(Records excerpted from a collection)
= Beginning of Section =
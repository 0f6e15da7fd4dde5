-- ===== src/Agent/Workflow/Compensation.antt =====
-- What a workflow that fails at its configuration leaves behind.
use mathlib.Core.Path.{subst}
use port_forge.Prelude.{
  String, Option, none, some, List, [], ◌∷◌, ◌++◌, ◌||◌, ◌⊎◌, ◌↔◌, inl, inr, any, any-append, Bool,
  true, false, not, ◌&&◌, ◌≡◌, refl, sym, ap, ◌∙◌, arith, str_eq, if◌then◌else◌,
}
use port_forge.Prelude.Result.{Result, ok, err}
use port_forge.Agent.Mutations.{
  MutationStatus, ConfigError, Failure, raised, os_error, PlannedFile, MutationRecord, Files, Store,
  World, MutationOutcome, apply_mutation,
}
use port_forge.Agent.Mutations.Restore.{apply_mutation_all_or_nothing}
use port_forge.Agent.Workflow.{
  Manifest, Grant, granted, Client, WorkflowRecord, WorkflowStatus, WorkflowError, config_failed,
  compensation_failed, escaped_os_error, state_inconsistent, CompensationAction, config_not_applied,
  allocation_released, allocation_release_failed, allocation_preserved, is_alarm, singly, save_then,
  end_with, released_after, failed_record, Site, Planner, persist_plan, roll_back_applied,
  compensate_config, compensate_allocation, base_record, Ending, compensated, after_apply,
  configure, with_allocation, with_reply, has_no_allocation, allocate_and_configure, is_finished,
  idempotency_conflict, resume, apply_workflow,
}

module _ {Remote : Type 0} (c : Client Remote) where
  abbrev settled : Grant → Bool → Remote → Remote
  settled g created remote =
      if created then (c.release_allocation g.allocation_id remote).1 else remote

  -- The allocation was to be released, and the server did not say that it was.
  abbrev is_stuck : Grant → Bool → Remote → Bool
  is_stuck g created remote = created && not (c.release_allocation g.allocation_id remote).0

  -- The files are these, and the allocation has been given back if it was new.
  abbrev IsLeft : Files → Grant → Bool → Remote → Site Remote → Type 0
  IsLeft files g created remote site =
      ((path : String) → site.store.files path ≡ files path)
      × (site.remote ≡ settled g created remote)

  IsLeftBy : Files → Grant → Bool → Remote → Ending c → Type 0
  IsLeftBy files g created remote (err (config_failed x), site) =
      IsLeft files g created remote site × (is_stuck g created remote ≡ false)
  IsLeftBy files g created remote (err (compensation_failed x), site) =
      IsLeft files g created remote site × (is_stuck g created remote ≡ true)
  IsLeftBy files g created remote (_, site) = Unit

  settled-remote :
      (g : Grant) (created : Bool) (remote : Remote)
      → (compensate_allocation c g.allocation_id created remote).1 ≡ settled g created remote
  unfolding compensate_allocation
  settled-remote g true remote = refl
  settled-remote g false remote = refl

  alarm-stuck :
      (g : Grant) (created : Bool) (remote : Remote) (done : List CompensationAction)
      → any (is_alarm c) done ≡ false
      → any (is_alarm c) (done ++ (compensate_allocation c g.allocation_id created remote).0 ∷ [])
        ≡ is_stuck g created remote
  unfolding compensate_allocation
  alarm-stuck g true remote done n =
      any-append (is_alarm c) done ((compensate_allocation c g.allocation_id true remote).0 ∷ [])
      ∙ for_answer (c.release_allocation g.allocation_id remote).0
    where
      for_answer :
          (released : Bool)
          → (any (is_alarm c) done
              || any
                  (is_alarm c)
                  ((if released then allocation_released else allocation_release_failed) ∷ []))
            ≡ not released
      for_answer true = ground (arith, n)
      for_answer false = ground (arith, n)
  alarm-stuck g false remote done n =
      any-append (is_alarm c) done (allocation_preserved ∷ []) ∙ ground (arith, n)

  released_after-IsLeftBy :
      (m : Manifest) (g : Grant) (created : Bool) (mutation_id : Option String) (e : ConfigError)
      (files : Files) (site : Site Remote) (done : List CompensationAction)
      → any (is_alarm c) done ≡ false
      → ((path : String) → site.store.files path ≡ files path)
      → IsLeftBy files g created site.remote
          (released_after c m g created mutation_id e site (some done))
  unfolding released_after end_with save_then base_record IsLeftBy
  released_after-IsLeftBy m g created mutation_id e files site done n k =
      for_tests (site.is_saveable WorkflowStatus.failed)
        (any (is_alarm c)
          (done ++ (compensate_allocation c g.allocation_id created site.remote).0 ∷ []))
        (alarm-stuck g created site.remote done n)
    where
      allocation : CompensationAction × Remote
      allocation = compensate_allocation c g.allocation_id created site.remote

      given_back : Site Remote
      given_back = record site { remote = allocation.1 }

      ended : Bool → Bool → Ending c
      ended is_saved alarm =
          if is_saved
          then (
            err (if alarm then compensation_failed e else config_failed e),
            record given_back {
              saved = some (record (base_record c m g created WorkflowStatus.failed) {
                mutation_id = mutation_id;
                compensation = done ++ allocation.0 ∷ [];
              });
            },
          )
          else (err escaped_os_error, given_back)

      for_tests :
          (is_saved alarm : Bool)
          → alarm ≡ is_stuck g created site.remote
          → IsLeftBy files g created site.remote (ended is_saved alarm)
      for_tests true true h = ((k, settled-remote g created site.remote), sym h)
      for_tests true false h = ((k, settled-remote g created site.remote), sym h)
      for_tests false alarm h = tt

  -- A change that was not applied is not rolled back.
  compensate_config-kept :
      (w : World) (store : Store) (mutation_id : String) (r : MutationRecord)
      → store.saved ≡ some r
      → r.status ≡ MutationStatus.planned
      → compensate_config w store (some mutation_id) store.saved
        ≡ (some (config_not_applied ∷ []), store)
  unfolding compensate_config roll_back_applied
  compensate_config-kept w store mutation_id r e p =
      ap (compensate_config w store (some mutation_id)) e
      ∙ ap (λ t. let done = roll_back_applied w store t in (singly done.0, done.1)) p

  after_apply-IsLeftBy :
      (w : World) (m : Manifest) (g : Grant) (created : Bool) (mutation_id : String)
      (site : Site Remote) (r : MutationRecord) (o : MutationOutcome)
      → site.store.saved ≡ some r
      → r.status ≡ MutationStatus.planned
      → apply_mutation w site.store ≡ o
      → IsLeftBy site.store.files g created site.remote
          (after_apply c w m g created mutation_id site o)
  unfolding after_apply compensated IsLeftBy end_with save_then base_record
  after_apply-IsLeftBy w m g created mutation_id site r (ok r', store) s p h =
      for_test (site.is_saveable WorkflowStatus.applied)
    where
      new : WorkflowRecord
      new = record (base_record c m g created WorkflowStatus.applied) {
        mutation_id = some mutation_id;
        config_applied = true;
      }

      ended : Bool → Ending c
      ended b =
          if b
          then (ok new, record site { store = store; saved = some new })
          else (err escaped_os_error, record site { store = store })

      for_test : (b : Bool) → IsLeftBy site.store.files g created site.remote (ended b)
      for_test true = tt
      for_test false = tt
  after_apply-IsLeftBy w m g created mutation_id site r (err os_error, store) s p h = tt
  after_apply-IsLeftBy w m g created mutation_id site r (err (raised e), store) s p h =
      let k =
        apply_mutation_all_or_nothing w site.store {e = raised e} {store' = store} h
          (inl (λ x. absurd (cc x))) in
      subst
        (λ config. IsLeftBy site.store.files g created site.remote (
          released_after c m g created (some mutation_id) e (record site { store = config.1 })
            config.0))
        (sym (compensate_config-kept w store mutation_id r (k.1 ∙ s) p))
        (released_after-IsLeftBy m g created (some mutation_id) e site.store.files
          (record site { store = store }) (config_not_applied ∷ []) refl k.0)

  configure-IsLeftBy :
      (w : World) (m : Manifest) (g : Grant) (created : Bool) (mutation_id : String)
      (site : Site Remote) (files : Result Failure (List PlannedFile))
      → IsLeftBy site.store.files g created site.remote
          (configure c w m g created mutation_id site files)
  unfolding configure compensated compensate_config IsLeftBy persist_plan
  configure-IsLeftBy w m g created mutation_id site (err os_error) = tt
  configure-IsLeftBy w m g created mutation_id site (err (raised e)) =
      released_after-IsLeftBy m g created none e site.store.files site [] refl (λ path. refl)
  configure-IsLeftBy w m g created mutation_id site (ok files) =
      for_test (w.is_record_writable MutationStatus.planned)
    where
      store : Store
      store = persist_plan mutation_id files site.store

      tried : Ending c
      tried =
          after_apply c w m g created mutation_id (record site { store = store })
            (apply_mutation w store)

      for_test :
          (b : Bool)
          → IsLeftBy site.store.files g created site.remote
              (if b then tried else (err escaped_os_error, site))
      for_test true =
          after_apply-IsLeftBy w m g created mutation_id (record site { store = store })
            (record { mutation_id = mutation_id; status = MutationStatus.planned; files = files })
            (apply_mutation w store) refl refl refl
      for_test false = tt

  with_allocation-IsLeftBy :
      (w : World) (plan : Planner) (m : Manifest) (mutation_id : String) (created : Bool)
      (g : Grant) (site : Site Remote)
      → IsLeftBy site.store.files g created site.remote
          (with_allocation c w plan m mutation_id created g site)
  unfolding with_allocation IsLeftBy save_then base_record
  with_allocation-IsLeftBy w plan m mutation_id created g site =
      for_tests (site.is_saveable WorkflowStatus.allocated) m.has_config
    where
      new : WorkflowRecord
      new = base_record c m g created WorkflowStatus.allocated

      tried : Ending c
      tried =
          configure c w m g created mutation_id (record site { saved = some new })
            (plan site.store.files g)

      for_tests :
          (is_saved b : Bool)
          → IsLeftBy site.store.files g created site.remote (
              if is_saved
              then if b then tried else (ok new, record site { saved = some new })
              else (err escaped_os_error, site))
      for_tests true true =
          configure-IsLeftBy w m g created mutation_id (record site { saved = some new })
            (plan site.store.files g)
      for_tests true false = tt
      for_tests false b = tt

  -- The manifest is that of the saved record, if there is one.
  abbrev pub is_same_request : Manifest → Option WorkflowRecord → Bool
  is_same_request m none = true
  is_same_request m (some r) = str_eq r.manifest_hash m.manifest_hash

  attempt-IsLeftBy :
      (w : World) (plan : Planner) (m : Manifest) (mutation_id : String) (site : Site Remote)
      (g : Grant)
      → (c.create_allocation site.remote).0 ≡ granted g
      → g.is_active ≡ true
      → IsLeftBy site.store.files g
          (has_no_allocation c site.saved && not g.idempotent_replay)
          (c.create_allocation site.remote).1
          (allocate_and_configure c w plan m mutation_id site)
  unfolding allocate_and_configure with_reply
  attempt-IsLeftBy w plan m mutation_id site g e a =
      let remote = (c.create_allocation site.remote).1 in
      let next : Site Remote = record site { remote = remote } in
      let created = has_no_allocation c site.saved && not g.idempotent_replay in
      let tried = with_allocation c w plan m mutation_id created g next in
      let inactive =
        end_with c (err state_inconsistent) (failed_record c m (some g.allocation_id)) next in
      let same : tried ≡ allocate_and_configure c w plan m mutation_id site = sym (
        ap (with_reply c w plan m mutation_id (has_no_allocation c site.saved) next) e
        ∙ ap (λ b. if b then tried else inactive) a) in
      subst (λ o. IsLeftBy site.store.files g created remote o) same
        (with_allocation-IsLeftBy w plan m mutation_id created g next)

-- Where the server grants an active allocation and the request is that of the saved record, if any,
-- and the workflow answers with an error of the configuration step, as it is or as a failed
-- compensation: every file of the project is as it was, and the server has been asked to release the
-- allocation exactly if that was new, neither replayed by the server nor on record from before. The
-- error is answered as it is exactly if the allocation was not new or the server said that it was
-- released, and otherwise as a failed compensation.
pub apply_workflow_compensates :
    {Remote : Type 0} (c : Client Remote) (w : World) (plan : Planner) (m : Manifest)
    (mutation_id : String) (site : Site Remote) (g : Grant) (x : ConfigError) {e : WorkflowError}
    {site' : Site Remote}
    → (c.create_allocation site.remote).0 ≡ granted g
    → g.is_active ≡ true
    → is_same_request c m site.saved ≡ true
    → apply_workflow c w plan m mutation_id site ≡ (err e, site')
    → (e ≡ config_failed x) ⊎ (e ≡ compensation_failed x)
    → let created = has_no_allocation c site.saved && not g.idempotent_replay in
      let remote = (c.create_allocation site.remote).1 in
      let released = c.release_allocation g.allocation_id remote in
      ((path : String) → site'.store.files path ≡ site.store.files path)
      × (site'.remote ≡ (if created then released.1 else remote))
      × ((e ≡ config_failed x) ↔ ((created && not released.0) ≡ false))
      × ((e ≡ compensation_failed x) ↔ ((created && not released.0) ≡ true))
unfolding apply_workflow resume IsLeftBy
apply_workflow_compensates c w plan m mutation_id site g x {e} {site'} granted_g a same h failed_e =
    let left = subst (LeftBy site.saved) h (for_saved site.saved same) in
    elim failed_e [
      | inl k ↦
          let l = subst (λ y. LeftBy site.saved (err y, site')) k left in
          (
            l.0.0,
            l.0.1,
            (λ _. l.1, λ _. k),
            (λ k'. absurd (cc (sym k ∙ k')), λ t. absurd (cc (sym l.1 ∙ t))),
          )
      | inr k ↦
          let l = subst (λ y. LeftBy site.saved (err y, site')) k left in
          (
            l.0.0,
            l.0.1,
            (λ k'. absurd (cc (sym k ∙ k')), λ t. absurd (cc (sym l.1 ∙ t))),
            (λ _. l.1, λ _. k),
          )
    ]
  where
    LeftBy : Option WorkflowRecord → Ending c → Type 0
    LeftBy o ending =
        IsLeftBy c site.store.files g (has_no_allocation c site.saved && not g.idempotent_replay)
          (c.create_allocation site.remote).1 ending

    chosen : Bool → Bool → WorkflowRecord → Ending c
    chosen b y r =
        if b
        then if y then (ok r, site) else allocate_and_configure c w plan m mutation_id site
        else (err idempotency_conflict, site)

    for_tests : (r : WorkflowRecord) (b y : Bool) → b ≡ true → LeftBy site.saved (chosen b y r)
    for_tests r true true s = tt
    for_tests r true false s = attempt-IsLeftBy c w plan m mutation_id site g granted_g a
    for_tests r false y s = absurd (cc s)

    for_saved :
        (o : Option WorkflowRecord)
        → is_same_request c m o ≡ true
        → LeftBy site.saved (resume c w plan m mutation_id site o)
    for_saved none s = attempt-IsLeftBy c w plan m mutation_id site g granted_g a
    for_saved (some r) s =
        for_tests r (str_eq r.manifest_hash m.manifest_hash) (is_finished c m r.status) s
= End of Section =
= Beginning of Section =
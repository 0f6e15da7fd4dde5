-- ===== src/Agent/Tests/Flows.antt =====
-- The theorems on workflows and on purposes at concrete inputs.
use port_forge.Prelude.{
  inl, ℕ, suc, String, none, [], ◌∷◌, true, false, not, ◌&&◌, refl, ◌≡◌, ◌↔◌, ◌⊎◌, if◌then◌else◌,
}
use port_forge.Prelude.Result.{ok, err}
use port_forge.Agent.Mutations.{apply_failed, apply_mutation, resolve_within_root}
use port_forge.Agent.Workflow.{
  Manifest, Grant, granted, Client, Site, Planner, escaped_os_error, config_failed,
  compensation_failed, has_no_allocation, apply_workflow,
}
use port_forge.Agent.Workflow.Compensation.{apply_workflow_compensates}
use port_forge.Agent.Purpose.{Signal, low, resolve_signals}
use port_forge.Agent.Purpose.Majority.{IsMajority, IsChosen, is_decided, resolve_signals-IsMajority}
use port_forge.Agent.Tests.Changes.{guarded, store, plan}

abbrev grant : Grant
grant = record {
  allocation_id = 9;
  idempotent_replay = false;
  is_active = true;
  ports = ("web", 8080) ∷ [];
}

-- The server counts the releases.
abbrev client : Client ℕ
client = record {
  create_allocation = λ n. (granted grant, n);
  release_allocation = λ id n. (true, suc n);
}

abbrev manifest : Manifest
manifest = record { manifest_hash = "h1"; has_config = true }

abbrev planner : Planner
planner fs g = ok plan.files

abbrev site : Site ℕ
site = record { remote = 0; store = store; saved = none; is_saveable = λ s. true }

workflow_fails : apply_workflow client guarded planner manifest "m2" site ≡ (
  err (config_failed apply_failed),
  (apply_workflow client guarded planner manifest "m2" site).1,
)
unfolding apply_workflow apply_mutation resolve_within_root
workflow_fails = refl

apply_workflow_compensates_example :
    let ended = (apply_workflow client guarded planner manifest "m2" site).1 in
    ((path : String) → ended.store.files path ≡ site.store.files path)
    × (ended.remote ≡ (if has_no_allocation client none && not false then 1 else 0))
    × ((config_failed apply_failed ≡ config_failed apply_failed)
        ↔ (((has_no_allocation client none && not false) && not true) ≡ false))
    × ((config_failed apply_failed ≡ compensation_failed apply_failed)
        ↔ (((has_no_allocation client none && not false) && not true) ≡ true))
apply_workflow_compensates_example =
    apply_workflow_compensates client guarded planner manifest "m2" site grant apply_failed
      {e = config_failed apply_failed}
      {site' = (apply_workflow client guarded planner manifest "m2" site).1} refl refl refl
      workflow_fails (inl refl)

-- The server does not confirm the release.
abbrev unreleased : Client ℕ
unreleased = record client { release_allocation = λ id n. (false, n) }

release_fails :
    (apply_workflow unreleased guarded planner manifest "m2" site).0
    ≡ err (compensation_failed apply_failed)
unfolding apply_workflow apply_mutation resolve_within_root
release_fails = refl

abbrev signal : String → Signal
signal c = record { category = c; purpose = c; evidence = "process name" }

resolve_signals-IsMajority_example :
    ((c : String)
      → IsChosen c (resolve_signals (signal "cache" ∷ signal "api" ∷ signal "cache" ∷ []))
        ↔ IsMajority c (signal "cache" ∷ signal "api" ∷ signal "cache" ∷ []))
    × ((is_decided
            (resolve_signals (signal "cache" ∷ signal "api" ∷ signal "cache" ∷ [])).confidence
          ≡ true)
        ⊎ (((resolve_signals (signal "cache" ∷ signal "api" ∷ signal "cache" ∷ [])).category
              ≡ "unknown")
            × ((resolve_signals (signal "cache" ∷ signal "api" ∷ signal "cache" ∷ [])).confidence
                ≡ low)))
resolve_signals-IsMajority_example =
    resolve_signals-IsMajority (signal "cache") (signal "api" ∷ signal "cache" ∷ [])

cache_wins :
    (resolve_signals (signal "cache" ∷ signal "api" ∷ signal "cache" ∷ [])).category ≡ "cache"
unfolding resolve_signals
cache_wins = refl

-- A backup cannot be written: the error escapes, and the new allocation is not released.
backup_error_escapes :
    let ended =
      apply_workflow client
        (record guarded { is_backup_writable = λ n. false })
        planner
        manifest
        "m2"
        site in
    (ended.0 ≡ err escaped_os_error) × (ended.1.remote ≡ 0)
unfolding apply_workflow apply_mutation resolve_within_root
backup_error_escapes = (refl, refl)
= End of Section =
Go line by line through the data above and report each one that holds the string "antt".

● **EXERCISE RESPONSE**
-- ===== src/Agent/Workflow/Compensation.antt =====
-- ===== src/Agent/Tests/Flows.antt =====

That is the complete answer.